The advent of economic science and the liberal social philosophy generally laid the foundation for political events that secured liberty (such as the American Revolution) and the astonishing improvements in human well being that we’ve seen in the last several centuries.

Is it surprising that economic science was so late in its development? Perhaps not, given all the forces in society so naturally allied against its insights. A free-market economy is incompatible with a state that intervenes to manage people’s property or otherwise circumscribe their liberty. It rules out the imposition of central plans, social engineering, wealth redistribution schemes, plunder and looting, and imperial wars. In short, it rules out anything that would disturb peaceful trade among individuals.

Who wants to destroy peace and enterprise? Those who benefit from conflict and war, namely, the state, as well as intellectuals who see the state as the vehicle for the realization of their plans. In our own time, the insights of great liberals of old are considered outmoded by thinkers left and right, as the advocates of collectivism push for more government power and the promoters of unending war herald the glories of destruction as essential and uplifting.
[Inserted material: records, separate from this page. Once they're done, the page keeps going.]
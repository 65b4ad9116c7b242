-- ===== src/Packet/Overflow.antt =====
-- A length that is refused, and yet used.
use libopenssh.Base.{
  ℕ, ◌+◌, ◌%◌, ◌^◌, ◌≤◌, ◌<◌, ◌≡◌, refl, ap, ◌∙◌, arith, Bool, true, false, not, Option, [], some,
  Bytes, length, ltb, leb, ◌==◌, if◌then◌else◌,
}
use libopenssh.Err.{Result, ok, fault}
use libopenssh.Getput.{u32_of}
use libopenssh.Packet.{Keys, SessionState, Env, aadlen_of, block_size_of, u32_add}
use libopenssh.Packet.Poll.{
  etm_mac, need_of, total_of, on_go, bad_length, clear_length, read_length, read_body, read_rest,
  read_poll2,
}

-- Keys with a MAC over the encrypted packet.
abbrev pub IsEtm : Keys → Type 0
IsEtm k = (k.authlen ≡ 0) × (k.mac_enabled ≡ true) × (k.etm ≡ true)

aadlen_of-IsEtm : (k : Keys) → IsEtm k → aadlen_of (some k) ≡ 4
unfolding aadlen_of
aadlen_of-IsEtm k (a, b, c) = rw (a, b, c) refl

etm_mac-fault :
    (keys : Option Keys) (k : Keys) (seqnr : ℕ) (input : Bytes) (whole : ℕ)
    → keys ≡ some k
    → IsEtm k
    → length input < whole
    → etm_mac keys seqnr input whole ≡ fault
unfolding etm_mac
etm_mac-fault keys k seqnr input whole e (a, b, c) h =
    let beyond : leb whole (length input) ≡ false = ground arith in rw (e, a, b, c, beyond) refl

read_body-fault :
    {C : Type 0} (env : Env C) (st : SessionState C) (k : Keys) (need : ℕ)
    → st.newkeys_in ≡ some k
    → IsEtm k
    → length st.input < u32_add 4 need
    → read_body env need st ≡ (st, fault)
unfolding read_body
read_body-fault env st k need e w h =
    let a : aadlen_of st.newkeys_in ≡ 4 = rw e (aadlen_of-IsEtm k w) in
    rw (a, read_body)
      (rw (etm_mac-fault st.newkeys_in k st.p_read.seqnr st.input (u32_add 4 need) e w h) refl)

need_of-IsEtm : (k : Keys) (len : ℕ) → IsEtm k → need_of (some k) len ≡ len
unfolding need_of
need_of-IsEtm k len w = rw (aadlen_of-IsEtm k w) refl

total_of-IsEtm :
    (k : Keys) (len : ℕ)
    → IsEtm k
    → total_of (some k) len ≡ u32_add (u32_add (u32_add 4 len) 0) k.mac_len
unfolding total_of
total_of-IsEtm k len (a, b, c) = rw (aadlen_of-IsEtm k (a, b, c)) (rw (a, b) refl)

read_rest-overflow :
    {C : Type 0} (env : Env C) (st : SessionState C) (k : Keys) (len : ℕ)
    → st.newkeys_in ≡ some k
    → st.packlen ≡ len
    → IsEtm k
    → len % k.block_size ≡ 0
    → len + 4 < 2 ^ 32
    → 2 ^ 32 ≤ len + 4 + k.mac_len
    → k.mac_len ≤ 64
    → len + 4 + k.mac_len ≤ length st.input + 2 ^ 32
    → length st.input < len + 4
    → (read_rest env st).1 ≡ fault
unfolding read_rest read_body aadlen_of
read_rest-overflow env st k len e p w d f g h i j =
    let n : need_of st.newkeys_in st.packlen ≡ len = rw (e, p) (need_of-IsEtm k len w) in
    let t : total_of st.newkeys_in len ≡ u32_add (u32_add (u32_add 4 len) 0) k.mac_len =
      rw e (total_of-IsEtm k len w) in
    let fits : (len % block_size_of st.newkeys_in == 0) ≡ true = rw e (ground (arith, d)) in
    let there : ltb (length st.input) (total_of st.newkeys_in len) ≡ false = rw t (ground arith) in
    let beyond : length st.input < u32_add 4 len = ground arith in
    rw (n, read_rest) (rw fits (rw there (rw (read_body-fault env st k len e w beyond) refl)))

when_zero : {A : Type 0} (n : ℕ) (x y : A) → n ≡ 0 → (if not (n == 0) then x else y) ≡ y
when_zero n x y e = rw e refl

read_length-zero :
    {C : Type 0} (env : Env C) (st : SessionState C) {r : SessionState C × Result Bool}
    → st.packlen ≡ 0
    → aadlen_of st.newkeys_in ≡ 4
    → clear_length env st ≡ r
    → read_length env st ≡ r
unfolding read_length
read_length-zero env st e a c = when_zero st.packlen _ _ e ∙ (rw a c)

read_poll2-go :
    {C : Type 0} (env : Env C) (st st' : SessionState C)
    → st.packet_discard ≡ 0
    → read_length env st ≡ (st', ok true)
    → read_poll2 env st ≡ read_rest env st'
unfolding read_poll2
read_poll2-go env st st' e l =
    when_zero st.packet_discard _ _ e
    ∙ ap (λ (x : SessionState _ × Result Bool). on_go x (read_rest env)) l

-- Under keys with a MAC of at most 64 bytes over the encrypted packet, when a packet is waited for
-- and none is discarded, ssh_packet_read_poll2 uses a length that it finds bad: if the length is a
-- multiple of the block, if its sum with the length of the MAC wraps around and so many bytes have
-- come, but not those of the packet, and if the message to the peer is queued and leaves input,
-- keys and length as they are, then more bytes than there are are read.
pub read_poll2-overflow :
    {C : Type 0} (env : Env C) (st told : SessionState C) (k : Keys)
    → st.packet_discard ≡ 0
    → st.packlen ≡ 0
    → st.newkeys_in ≡ some k
    → IsEtm k
    → k.mac_len ≤ 64
    → u32_of st.input % k.block_size ≡ 0
    → u32_of st.input + 4 < 2 ^ 32
    → 2 ^ 32 ≤ u32_of st.input + 4 + k.mac_len
    → 4 ≤ length st.input
    → u32_of st.input + 4 + k.mac_len ≤ length st.input + 2 ^ 32
    → length st.input < u32_of st.input + 4
    → env.sshpkt_disconnect (record st { packlen = u32_of st.input }) ≡ (told, ok tt)
    → told.newkeys_in ≡ some k
    → told.packlen ≡ u32_of st.input
    → told.input ≡ st.input
    → (read_poll2 env st).1 ≡ fault
unfolding clear_length
read_poll2-overflow {C} env st told k z y e w h d f g i j l s e' p q =
    let a : aadlen_of st.newkeys_in ≡ 4 = rw e (aadlen_of-IsEtm k w) in
    let bad : bad_length (u32_of st.input) ≡ true = ground (arith, g, h) in
    let enough : ltb (length st.input) 4 ≡ false = ground (arith, i) in
    let refused : clear_length env st ≡ (record told { incoming_packet = [] }, ok true) =
      rw (enough, clear_length) (rw bad (rw s refl)) in
    let known : read_length env st ≡ (record told { incoming_packet = [] }, ok true) =
      read_length-zero env st y a refused in
    let over =
      read_rest-overflow env (record told { incoming_packet = [] }) k (u32_of st.input) e' p w d f g
        h (rw q j) (rw q l) in
    ap (λ (x : SessionState C × Result ℕ). x.1) (read_poll2-go env st _ z known) ∙ over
But collectivism and war create nothing; they only smash wealth and leave misery and despotism in their wake. They solve no human problem; they only create more of them. War, in particular, is the very opposite of free enterprise. “Peace and not war is the father of all things,” wrote Mises.

The Mises Institute follows this mission as well, providing the essential supporting framework for scholars and writers from all over the world who understand that the blessings of commerce require the curbing of every form of power. Their mission is to understand, improve, and convey a message that is crucial for the survival of civilization itself: a world of peace and plenty is possible but only with a free enterprise society that keeps the destructive force of power at bay. Free markets have indeed remade the world, and no society, especially not one torn by despotism and war, can be livable without them.